Governments have to keep secrets. But this administration has grossly abused that trust, routinely using claims of national security to hide policies that are immoral and almost certainly illegal, to avoid embarrassment, and to pursue Bush's dreams of an imperial presidency.
Copyright by The International Herald Tribune
Published: June 24, 2007
President George W. Bush has turned the executive branch into a two-way mirror. They get to see everything Americans do: our telephone calls, e-mail, and all manner of personal information. And we get to see nothing about what they do.
Everyone knows this administration has disdained openness and accountability since its first days. That is about the only thing it does not hide. But recent weeks have produced disturbing disclosures about just how far Bush's team is willing to go to keep lawmakers and the public in the dark.
That applies to big issues - like the CIA's secret prisons - and to things that would seem too small-bore to order up a cover-up.
Since the Sept. 11 attacks, Bush has tried to excuse his administration's obsession with secrecy by saying that dangerous times require greater discretion. He rammed the Patriot Act through Congress with a promise that national security agencies would make sure the new powers were not abused.
But on June 14, The Washington Post reported that the FBI potentially broke the law or its own rules several thousand times over the past five years when it used the Patriot Act to snoop on domestic phone calls, e-mail and financial transactions of ordinary people.
We knew that Attorney General Alberto Gonzales was not protecting anybody's rights or America's reputation. It turns out that John Rizzo, the man charged with safeguarding the Constitution at the CIA, isn't either. Rizzo was nominated as general counsel more than a year ago. But the Republican chairman of the Senate Intelligence Committee, Pat Roberts of Kansas, would not schedule even a pro forma confirmation hearing because the Democrats wanted documents that the CIA wanted to keep, well, secret.
Last week, the committee held that hearing under Democratic leadership, and Rizzo kept insisting that he shouldn't, couldn't, wouldn't give away any secrets. But he was still illuminating - in a scary way.
When he was asked his view of the administration's infamous decision to define torture so narrowly that it allowed widespread abuse of prisoners, he merely said the policy was "over-broad" for the circumstances, raising the troubling question of when he thinks it would not be over-broad to torture prisoners. Rizzo also refused to say whether the United States had ever sent a prisoner to another country knowing he would be tortured. He made it sound like he was safeguarding secrets, but we suspect the real reason was that the answer is yes.
Meanwhile, Rizzo, Bush, Vice President Dick Cheney and the rest of the administration are still stonewalling about the existence of CIA prisons.

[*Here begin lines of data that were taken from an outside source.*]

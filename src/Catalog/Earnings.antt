-- ===== src/Catalog/Earnings.antt =====
-- `getEarnings` of creator.service.ts against the tips that were confirmed.
use arktion_sui_overflow.Prelude.{
  List, ℕ, length, ◌+◌, ◌≤◌, zero, ◌⊎◌, ◌<◌, suc, ◌≡◌, select, sum_where, true, arith, [], ◌∷◌,
  refl,
}
use arktion_sui_overflow.Catalog.Creator.{
  get_earnings, by_confirmation, insert_tip_by_time, is_confirmed_for,
}
use arktion_sui_overflow.Payment.Rows.{TipTransaction}
use arktion_sui_overflow.Pagination.{take}

abbrev pub amount_of : List TipTransaction → ℕ
amount_of = sum_where (λ t. true) (λ t. t.amount_usdc)

insert_tip_amount :
    (t : TipTransaction) (ts : List TipTransaction)
    → amount_of (insert_tip_by_time t ts) ≡ t.amount_usdc + amount_of ts
unfolding insert_tip_by_time
insert_tip_amount t [] = refl
insert_tip_amount t (u ∷ us) = ground (arith, insert_tip_amount t us)

by_confirmation_amount : (ts : List TipTransaction) → amount_of (by_confirmation ts) ≡ amount_of ts
unfolding by_confirmation
by_confirmation_amount [] = refl
by_confirmation_amount (t ∷ ts) =
    ground (arith, by_confirmation_amount ts, insert_tip_amount t (by_confirmation ts))

insert_tip_length :
    (t : TipTransaction) (ts : List TipTransaction)
    → length (insert_tip_by_time t ts) ≡ suc (length ts)
unfolding insert_tip_by_time
insert_tip_length t [] = refl
insert_tip_length t (u ∷ us) = ground (arith, insert_tip_length t us)

length-by_confirmationb : (ts : List TipTransaction) → length (by_confirmation ts) ≡ length ts
unfolding by_confirmation
length-by_confirmationb [] = refl
length-by_confirmationb (t ∷ ts) =
    ground (arith, length-by_confirmationb ts, insert_tip_length t (by_confirmation ts))

take_amount : (n : ℕ) (ts : List TipTransaction) → amount_of (take n ts) ≤ amount_of ts
take_amount zero ts = omega arith
take_amount (suc n) [] = omega arith
take_amount (suc n) (t ∷ ts) = omega (arith, take_amount n ts)

take_all : (n : ℕ) (ts : List TipTransaction) → length ts ≤ n → take n ts ≡ ts
take_all zero [] h = refl
take_all zero (t ∷ ts) h = absurd (omega arith)
take_all (suc n) [] h = refl
take_all (suc n) (t ∷ ts) h = rw (take_all n ts (omega arith)) refl

-- The total that a creator is shown is at most what the confirmed tips to them come to, and it is
-- that sum when there are at most 50 of them.
pub get_earnings_total :
    (user : ℕ) (rows : List TipTransaction)
    → let mine = select (is_confirmed_for user) rows in
      let total = (get_earnings user rows).total_usdc_received in
      (total ≤ amount_of mine) × ((50 < length mine) ⊎ (total ≡ amount_of mine))
unfolding get_earnings
get_earnings_total user rows =
    let mine = select (is_confirmed_for user) rows in
    ground (
      arith,
      take_amount 50 (by_confirmation mine),
      by_confirmation_amount mine,
      length-by_confirmationb mine,
      take_all 50 (by_confirmation mine),
    )
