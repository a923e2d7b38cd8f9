-- ===== src/Catalog/Listing.antt =====
-- series.service.ts.
use arktion_sui_overflow.Catalog.Rows.{
  draft, ongoing, completed, hiatus, cancelled, series_not_found,
}
use arktion_sui_overflow.Prelude.{
  true, false, pure, ◌||◌, ◌>>=◌, ℕ, [], find, ◌∷◌, some, none, count, gets, Option, or_throw, ◌&&◌,
  map, List, is_some, not, select, Bool, ◌==◌,
}
use arktion_sui_overflow.Text.{Text, to_lower, text_eq}
use arktion_sui_overflow.Catalog.Rows.{
  SeriesStatus, Catalog, Series, draft, includes, with_cover, Handler, is_live_chapter, find_series,
  series_not_found,
}
use arktion_sui_overflow.Pagination.{page_of}

pub record SeriesFilter : Type 0 where
  pub format_type : Option ℕ
  pub status : Option SeriesStatus
  pub search : Option Text

pub record SeriesPage : Type 0 where
  pub rows : List Series
  pub total : ℕ
  pub page : ℕ
  pub limit : ℕ

abbrev pub same_status : SeriesStatus → SeriesStatus → Bool
same_status draft draft = true
same_status ongoing ongoing = true
same_status completed completed = true
same_status hiatus hiatus = true
same_status cancelled cancelled = true
same_status _ _ = false

-- `status && status !== 'draft' ? status : { not: 'draft' }`
abbrev pub has_status : Option SeriesStatus → SeriesStatus → Bool
has_status none s = not (same_status s draft)
has_status (some draft) s = not (same_status s draft)
has_status (some wanted) s = same_status s wanted

abbrev pub has_format : Option ℕ → ℕ → Bool
has_format none f = true
has_format (some wanted) f = f == wanted

-- An empty search is none; the search ignores case.
abbrev pub has_title : Option Text → Text → Bool
has_title none title = true
has_title (some []) title = true
has_title (some (c ∷ s)) title = includes (map to_lower (c ∷ s)) (map to_lower title)

abbrev pub is_readable : Catalog → Series → Bool
is_readable c s = not (is_some s.creator_id) || is_some (find (is_live_chapter s.id) c.chapters)

-- The `where` of `findAll`.
unfoldable pub is_listed : SeriesFilter → Catalog → Series → Bool
is_listed f c s =
    not s.is_deleted
    && (has_status f.status s.status
        && (has_format f.format_type s.format_type
            && (has_title f.search s.title && is_readable c s)))

unfoldable pub find_all : Text → SeriesFilter → ℕ → ℕ → Catalog → SeriesPage
unfolding is_listed
find_all aggregator f page limit c = record {
  rows = map (with_cover aggregator) (page_of page limit (select (is_listed f c) c.series));
  total = count (is_listed f c) c.series;
  page = page;
  limit = limit;
}

unfoldable pub find_by_id : Text → ℕ → Handler Series
find_by_id aggregator id = do
  found ← gets (find_series id)
  s ← or_throw found series_not_found
  pure (with_cover aggregator s)

unfoldable pub find_by_external_id : Text → Text → Handler Series
find_by_external_id aggregator external = do
  found ← gets (λ c. find (λ s. text_eq s.external_id external && not s.is_deleted) c.series)
  s ← or_throw found series_not_found
  pure (with_cover aggregator s)
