-- ===== src/Catalog/MangaDex.antt =====
-- mangadex.adapter.ts: the chapters and pages of MangaDex, a source of chapter.service.ts.
pub mod Feed
pub mod Dedupe
use arktion_sui_overflow.Prelude.{
  ℕ, Option, List, Bool, min, ◌∷◌, if◌then◌else◌, ◌==◌, suc, ◌++◌, ok, not, none, ◌-◌, ◌+◌, true,
  false, some, [], zero, ◌<◌, leb, ◌&&◌, ltb, map, length,
}
use arktion_sui_overflow.Catalog.Chapters.{SourceChapter, SourcePage, ContentSource}
use arktion_sui_overflow.Text.{Text}
use arktion_sui_overflow.Pagination.{take, drop}

-- `attributes.chapter` where it is not null, as `Number` reads it.
pub data RawChapter : Type 0 where
  numeral : ℕ → RawChapter
  no_number : RawChapter

-- An entry of `MangaDexFeedResponse.data`. The title 0 is one that `trim` leaves empty.
pub record FeedEntry : Type 0 where
  pub id : ℕ
  pub chapter : Option RawChapter
  pub title : Option ℕ
  pub translated_language : ℕ
  pub pages : ℕ
  pub publish_at : Option ℕ

pub record FeedResponse : Type 0 where
  pub data_entries : List FeedEntry
  pub total : ℕ

-- `MangaDexAtHomeResponse`
pub record AtHomeResponse : Type 0 where
  pub base_url : Text
  pub hash : Text
  pub files : List Text
  pub data_saver_files : List Text

-- The answers of MangaDex; none is an answer that is not ok, or none in 8 seconds. The loop asks for
-- no offset twice, so that the answers may differ from request to request.
pub record MangaDexApi : Type 0 where
  pub feed : Text → ℕ → ℕ → ℕ → Option FeedResponse
  pub at_home : ℕ → Option AtHomeResponse

abbrev title_text : Option ℕ → Option ℕ
title_text none = none
title_text (some t) = if t == 0 then none else some t

abbrev chapter_of_entry : ℕ → FeedEntry → SourceChapter
chapter_of_entry number e = record {
  external_id = e.id;
  chapter_number = number;
  title = title_text e.title;
  language = e.translated_language;
  page_count = e.pages;
  published_at = e.publish_at;
}

-- The body of the loop over `json.data`, with its two `continue`s.
unfoldable pub collect : List FeedEntry → List SourceChapter
collect [] = []
collect (e ∷ es) = elim e.chapter [
  | some (numeral number) ↦ chapter_of_entry number e ∷ collect es
  | some no_number ↦ collect es
  | none ↦ collect es
]

-- How a call ends; `running` is a loop that has not ended on the fuel it was given.
pub data Listing : Type 0 where
  listed : List SourceChapter → Listing
  failed : Listing
  running : Listing

-- `offset < total`, where none is the `Infinity` from which `total` starts.
abbrev pub is_below : ℕ → Option ℕ → Bool
is_below offset none = true
is_below offset (some total) = ltb offset total

-- The `while` loop over the pages of the feed.
unfoldable pub list_pages :
    (ℕ → Option FeedResponse) → ℕ → ℕ → Option ℕ → List SourceChapter → Listing
unfolding collect
list_pages request zero offset total out = running
list_pages request (suc fuel) offset total out = elim (is_below offset total) [
  | false ↦ listed out
  | true ↦ elim (request offset) [
    | none ↦ failed
    | some r ↦ elim (length r.data_entries == 0) [
      | true ↦ listed (out ++ collect r.data_entries)
      | false ↦
          list_pages request fuel (offset + length r.data_entries) (some r.total)
            (out ++ collect r.data_entries)
    ]
  ]
]

abbrev pub is_numbered : ℕ → SourceChapter → Bool
is_numbered n c = c.chapter_number == n

-- `c.publishedAt && existing.publishedAt && c.publishedAt < existing.publishedAt`
abbrev pub is_earlier : SourceChapter → SourceChapter → Bool
is_earlier c existing = elim c.published_at [
  | none ↦ false
  | some t ↦ elim existing.published_at [ none ↦ false | some u ↦ ltb t u ]
]

-- `byNumber.set` where the condition holds; the map keeps the order of insertion.
unfoldable pub keep_earliest : SourceChapter → List SourceChapter → List SourceChapter
keep_earliest c [] = c ∷ []
keep_earliest c (d ∷ ds) =
    if d.chapter_number == c.chapter_number
    then (if is_earlier c d then c else d) ∷ ds
    else d ∷ keep_earliest c ds

unfoldable pub dedupe : List SourceChapter → List SourceChapter → List SourceChapter
unfolding keep_earliest
dedupe [] kept = kept
dedupe (c ∷ cs) kept = dedupe cs (keep_earliest c kept)

-- `sort((a, b) => a.chapterNumber - b.chapterNumber)`
unfoldable pub insert_number : SourceChapter → List SourceChapter → List SourceChapter
insert_number c [] = c ∷ []
insert_number c (d ∷ ds) =
    if leb c.chapter_number d.chapter_number then c ∷ d ∷ ds else d ∷ insert_number c ds

unfoldable pub sort_numbers : List SourceChapter → List SourceChapter
unfolding insert_number
sort_numbers [] = []
sort_numbers (c ∷ cs) = insert_number c (sort_numbers cs)

unfoldable pub by_chapter_number : List SourceChapter → List SourceChapter
unfolding dedupe sort_numbers
by_chapter_number out = sort_numbers (dedupe out [])

-- After the loop.
abbrev pub arranged : Listing → Listing
arranged (listed out) = listed (by_chapter_number out)
arranged failed = failed
arranged running = running

-- `listChapters`; a page of the feed has 100 entries at most.
unfoldable pub list_chapters : MangaDexApi → ℕ → Text → ℕ → ℕ → Listing
unfolding list_pages by_chapter_number
list_chapters api fuel manga language limit =
    arranged (list_pages (api.feed manga language (min limit 100)) fuel 0 none [])

-- `files.map((filename, i) => ...)`
unfoldable pub number_files : Text → ℕ → List Text → List (ℕ × Text)
number_files prefix i [] = []
number_files prefix i (f ∷ fs) = (i + 1, prefix ++ f) ∷ number_files prefix (i + 1) fs

abbrev data_folder : Text
data_folder = b'd' ∷ b'a' ∷ b't' ∷ b'a' ∷ []

abbrev data_saver_folder : Text
data_saver_folder = b'd' ∷ b'a' ∷ b't' ∷ b'a' ∷ b'-' ∷ b's' ∷ b'a' ∷ b'v' ∷ b'e' ∷ b'r' ∷ []

-- `${baseUrl}/${quality}/${chapter.hash}/`
abbrev pub page_prefix : AtHomeResponse → Bool → Text
page_prefix r data_saver =
    r.base_url
    ++ b'/'
      ∷ ((if data_saver then data_saver_folder else data_folder) ++ b'/' ∷ (r.hash ++ b'/' ∷ []))

-- `getPages`: the number and the URL of each page.
unfoldable pub live_pages : MangaDexApi → ℕ → Bool → Option (List (ℕ × Text))
unfolding number_files
live_pages api chapter data_saver = elim (api.at_home chapter) [
  | none ↦ none
  | some r ↦ some (
      number_files (page_prefix r data_saver) 0
        (if data_saver then r.data_saver_files else r.files))
]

Earlier this month, the Council of Europe, a 46-nation human rights group, provided new, persuasive evidence of secret American prisons in Eastern Europe where prisoners were kept naked in cramped cells, subjected to hot or freezing blasts of air and subjected to water-boarding, or simulated drowning. American rights groups released a list of 39 men they say disappeared into secret prisons.

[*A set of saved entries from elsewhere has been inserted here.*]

-- ===== src/Catalog/MangaDex/Dedupe.antt =====
-- What mangadex.adapter.ts makes of the entries that it collected: one chapter of each number.
use arktion_sui_overflow.Prelude.{
  ℕ, List, ◌∷◌, if◌then◌else◌, false, ◌≤◌, find, ◌≡◌, ◌<◌, none, arith, [], max, ◌&&◌, some, ◌⊎◌,
  count, ltb, refl, Option, Bool, inl, true, subst, sym, is_some, Option-cases, inr,
}
use arktion_sui_overflow.Catalog.MangaDex.{
  sort_numbers, insert_number, keep_earliest, dedupe, is_numbered, is_earlier, true,
  by_chapter_number,
}
use arktion_sui_overflow.Catalog.Chapters.{SourceChapter}

abbrev pub IsAscending : List SourceChapter → Type 0
IsAscending [] = Unit
IsAscending (c ∷ []) = Unit
IsAscending (c ∷ d ∷ ds) = (c.chapter_number < d.chapter_number) × IsAscending (d ∷ ds)

abbrev pub Among : SourceChapter → List SourceChapter → Type 0
Among c [] = ⊥
Among c (d ∷ ds) = (c ≡ d) ⊎ Among c ds

-- Has the number `n`, and a date before `t`.
abbrev pub is_before : ℕ → ℕ → SourceChapter → Bool
is_before n t d = is_numbered n d && (elim d.published_at [ none ↦ false | some u ↦ ltb u t ])

count-keep_earliest :
    (n : ℕ) (c : SourceChapter) (ds : List SourceChapter)
    → count (is_numbered n) (keep_earliest c ds)
      ≡ max (count (is_numbered n) ds) (if is_numbered n c then 1 else 0)
unfolding keep_earliest
count-keep_earliest n c [] = ground arith
count-keep_earliest n c (d ∷ ds) = ground (arith, count-keep_earliest n c ds)

count-dedupe :
    (n : ℕ) (cs kept : List SourceChapter)
    → count (is_numbered n) kept ≤ 1
    → count (is_numbered n) (dedupe cs kept) ≤ 1
unfolding dedupe
count-dedupe n [] kept h = h
count-dedupe n (c ∷ cs) kept h =
    ground (arith, h, count-keep_earliest n c kept, count-dedupe n cs (keep_earliest c kept))

count-insert_number :
    (n : ℕ) (c : SourceChapter) (ds : List SourceChapter)
    → count (is_numbered n) (insert_number c ds) ≡ count (is_numbered n) (c ∷ ds)
unfolding insert_number
count-insert_number n c [] = ground arith
count-insert_number n c (d ∷ ds) = ground (arith, count-insert_number n c ds)

count-sort_numbers :
    (n : ℕ) (cs : List SourceChapter)
    → count (is_numbered n) (sort_numbers cs) ≡ count (is_numbered n) cs
unfolding sort_numbers
count-sort_numbers n [] = refl
count-sort_numbers n (c ∷ cs) =
    ground (arith, count-insert_number n c (sort_numbers cs), count-sort_numbers n cs)

insert_number-IsAscending :
    (c : SourceChapter) (ds : List SourceChapter)
    → count (is_numbered c.chapter_number) ds ≡ 0
    → IsAscending ds
    → IsAscending (insert_number c ds)
unfolding insert_number
insert_number-IsAscending c [] h k = tt
insert_number-IsAscending c (d ∷ []) h k = ground arith
insert_number-IsAscending c (d ∷ e ∷ es) h k = ground (arith, insert_number-IsAscending c (e ∷ es))

sort_numbers-IsAscending :
    (cs : List SourceChapter)
    → ((n : ℕ) → count (is_numbered n) cs ≤ 1)
    → IsAscending (sort_numbers cs)
unfolding sort_numbers
sort_numbers-IsAscending [] h = tt
sort_numbers-IsAscending (c ∷ cs) h =
    insert_number-IsAscending c (sort_numbers cs)
      (ground (arith, h c.chapter_number, count-sort_numbers c.chapter_number cs))
      (sort_numbers-IsAscending cs (λ n. ground (arith, h n)))

find-insert_number :
    (n : ℕ) (c : SourceChapter) (ds : List SourceChapter)
    → find (is_numbered n) (insert_number c ds) ≡ find (is_numbered n) (c ∷ ds)
unfolding insert_number
find-insert_number n c [] = refl
find-insert_number n c (d ∷ ds) = ground (arith, find-insert_number n c ds)

find-sort_numbers :
    (n : ℕ) (cs : List SourceChapter)
    → find (is_numbered n) (sort_numbers cs) ≡ find (is_numbered n) cs
unfolding sort_numbers
find-sort_numbers n [] = refl
find-sort_numbers n (c ∷ cs) =
    ground (arith, find-insert_number n c (sort_numbers cs), find-sort_numbers n cs)

-- What the entries so far leave under a number, and one entry more.
abbrev chosen : ℕ → SourceChapter → Option SourceChapter → Option SourceChapter
chosen n c o =
    if is_numbered n c
    then elim o [ none ↦ some c | some d ↦ some (if is_earlier c d then c else d) ]
    else o

find-keep_earliest :
    (n : ℕ) (c : SourceChapter) (ds : List SourceChapter)
    → find (is_numbered n) (keep_earliest c ds) ≡ chosen n c (find (is_numbered n) ds)
unfolding keep_earliest
find-keep_earliest n c [] = ground arith
find-keep_earliest n c (d ∷ ds) = ground (arith, find-keep_earliest n c ds)

dedupe-Among :
    (n : ℕ) (cs kept : List SourceChapter) (d : SourceChapter)
    → find (is_numbered n) (dedupe cs kept) ≡ some d
    → (find (is_numbered n) kept ≡ some d) ⊎ Among d cs
unfolding dedupe
dedupe-Among n [] kept d h = inl h
dedupe-Among n (c ∷ cs) kept d h =
    ground (arith, dedupe-Among n cs (keep_earliest c kept) d h, find-keep_earliest n c kept)

abbrev first_of : Option SourceChapter → Option SourceChapter → Option SourceChapter
first_of none p = p
first_of (some e) p = some e

dedupe_undated :
    (n : ℕ) (cs kept : List SourceChapter) (d : SourceChapter)
    → find (is_numbered n) (dedupe cs kept) ≡ some d
    → d.published_at ≡ none
    → first_of (find (is_numbered n) kept) (find (is_numbered n) cs) ≡ some d
unfolding dedupe
dedupe_undated n [] kept d h k = ground (arith, h)
dedupe_undated n (c ∷ cs) kept d h k =
    ground (arith, dedupe_undated n cs (keep_earliest c kept) d h k, find-keep_earliest n c kept)

-- What was kept has no date, and stays then, or a date before `t`.
abbrev was_before : ℕ → Option SourceChapter → Bool
was_before t none = false
was_before t (some e) = elim e.published_at [ none ↦ true | some u ↦ ltb u t ]

dedupe_earliest :
    (n t : ℕ) (cs kept : List SourceChapter) (d : SourceChapter)
    → find (is_numbered n) (dedupe cs kept) ≡ some d
    → d.published_at ≡ some t
    → (count (is_before n t) cs ≡ 0) × (was_before t (find (is_numbered n) kept) ≡ false)
unfolding dedupe
dedupe_earliest n t [] kept d h k = ground (arith, h, k)
dedupe_earliest n t (c ∷ cs) kept d h k =
    ground (arith, dedupe_earliest n t cs (keep_earliest c kept) d h k, find-keep_earliest n c kept)

dedupe-none :
    (n : ℕ) (cs kept : List SourceChapter)
    → first_of (find (is_numbered n) kept) (find (is_numbered n) cs) ≡ none
    → find (is_numbered n) (dedupe cs kept) ≡ none
unfolding dedupe
dedupe-none n [] kept h = ground (arith, h)
dedupe-none n (c ∷ cs) kept h =
    dedupe-none n cs (keep_earliest c kept) (ground (arith, h, find-keep_earliest n c kept))

-- An entry without a date that comes first stays.
dedupe_first :
    (n : ℕ) (cs kept : List SourceChapter) (e : SourceChapter)
    → first_of (find (is_numbered n) kept) (find (is_numbered n) cs) ≡ some e
    → e.published_at ≡ none
    → find (is_numbered n) (dedupe cs kept) ≡ some e
unfolding dedupe
dedupe_first n [] kept e h k = ground (arith, h)
dedupe_first n (c ∷ cs) kept e h k =
    dedupe_first n cs (keep_earliest c kept) e (ground (arith, h, k, find-keep_earliest n c kept)) k

dedupe_found :
    (n : ℕ) (cs kept : List SourceChapter) (e : SourceChapter)
    → first_of (find (is_numbered n) kept) (find (is_numbered n) cs) ≡ some e
    → is_some (find (is_numbered n) (dedupe cs kept)) ≡ true
unfolding dedupe
dedupe_found n [] kept e h = ground (arith, h)
dedupe_found n (c ∷ cs) kept e h =
    elim (Option-cases
      (first_of (find (is_numbered n) (keep_earliest c kept)) (find (is_numbered n) cs))) [
        | inl k ↦ absurd (ground (arith, h, k, find-keep_earliest n c kept))
        | inr (d, k) ↦ dedupe_found n cs (keep_earliest c kept) d k
      ]

-- A chapter from the entries with a date that no date of another entry of the number precedes.
abbrev pub IsEarliest : ℕ → List SourceChapter → SourceChapter → Option ℕ → Type 0
IsEarliest n out d none = ⊥
IsEarliest n out d (some t) = Among d out × (count (is_before n t) out ≡ 0)

abbrev pub EarliestOf : ℕ → List SourceChapter → Option SourceChapter → Type 0
EarliestOf n out none = ⊥
EarliestOf n out (some d) = IsEarliest n out d d.published_at

-- What becomes of the entries of a number, by the date of the first of them.
abbrev pub ByDate :
    ℕ → List SourceChapter → SourceChapter → Option SourceChapter → Option ℕ → Type 0
ByDate n out e o none = o ≡ some e
ByDate n out e o (some t) = EarliestOf n out o

abbrev pub ByFirst : ℕ → List SourceChapter → Option SourceChapter → Option SourceChapter → Type 0
ByFirst n out none o = o ≡ none
ByFirst n out (some e) o = ByDate n out e o e.published_at

-- The choice for a number depends on the first entry that has it.
abbrev pub IsChosen : ℕ → List SourceChapter → Option SourceChapter → Type 0
IsChosen n out o = ByFirst n out (find (is_numbered n) out) o

module _ (n : ℕ) (out : List SourceChapter) where
  dated :
      (e d : SourceChapter) (t : ℕ)
      → find (is_numbered n) out ≡ some e
      → e.published_at ≡ some t
      → find (is_numbered n) (dedupe out []) ≡ some d
      → (o : Option ℕ) → d.published_at ≡ o
      → IsEarliest n out d o
  dated e d t f k h none u = absurd (ground (arith, k, u, f, dedupe_undated n out [] d h u))
  dated e d t f k h (some v) u =
      (ground (arith, dedupe-Among n out [] d h), (dedupe_earliest n v out [] d h u).0)

  earliest :
      (e : SourceChapter) (t : ℕ)
      → find (is_numbered n) out ≡ some e
      → e.published_at ≡ some t
      → EarliestOf n out (find (is_numbered n) (dedupe out []))
  earliest e t f k = elim (Option-cases (find (is_numbered n) (dedupe out []))) [
    | inl h ↦ absurd (ground (arith, h, dedupe_found n out [] e f))
    | inr (d, h) ↦ subst (EarliestOf n out) (sym h) (dated e d t f k h d.published_at refl)
  ]

  by_date :
      (e : SourceChapter) (o : Option ℕ)
      → find (is_numbered n) out ≡ some e
      → e.published_at ≡ o
      → ByDate n out e (find (is_numbered n) (dedupe out [])) o
  by_date e none f k = dedupe_first n out [] e f k
  by_date e (some t) f k = earliest e t f k

  by_first :
      (o : Option SourceChapter)
      → find (is_numbered n) out ≡ o
      → ByFirst n out o (find (is_numbered n) (dedupe out []))
  by_first none f = dedupe-none n out [] f
  by_first (some e) f = by_date e e.published_at f refl

-- What `listChapters` makes of the entries that it collected has ascending chapter numbers, each once.
-- Under any number it has nothing if no entry has the number. If the first entry of the number has no
-- date, that entry stays, whatever the others have. Otherwise it has an entry with a date that no
-- date of another entry of the number precedes.
pub by_chapter_number-IsChosen :
    (out : List SourceChapter) (n : ℕ)
    → IsAscending (by_chapter_number out)
      × IsChosen n out (find (is_numbered n) (by_chapter_number out))
unfolding by_chapter_number
by_chapter_number-IsChosen out n = (
  sort_numbers-IsAscending (dedupe out []) (λ m. count-dedupe m out [] (ground arith)),
  subst (λ o. IsChosen n out o) (sym (find-sort_numbers n (dedupe out [])))
      (by_first n out (find (is_numbered n) out) refl),
)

Incredibly, the lies and secrecy shrouding this administration are not enough for Rizzo. Sounding an awful lot like Bush and Cheney, he told the senators, "Far too many people know far too much."
Governments have to keep secrets. But this administration has grossly abused that trust, routinely using claims of national security to hide policies that are immoral and almost certainly illegal, to avoid embarrassment, and to pursue Bush's dreams of an imperial presidency.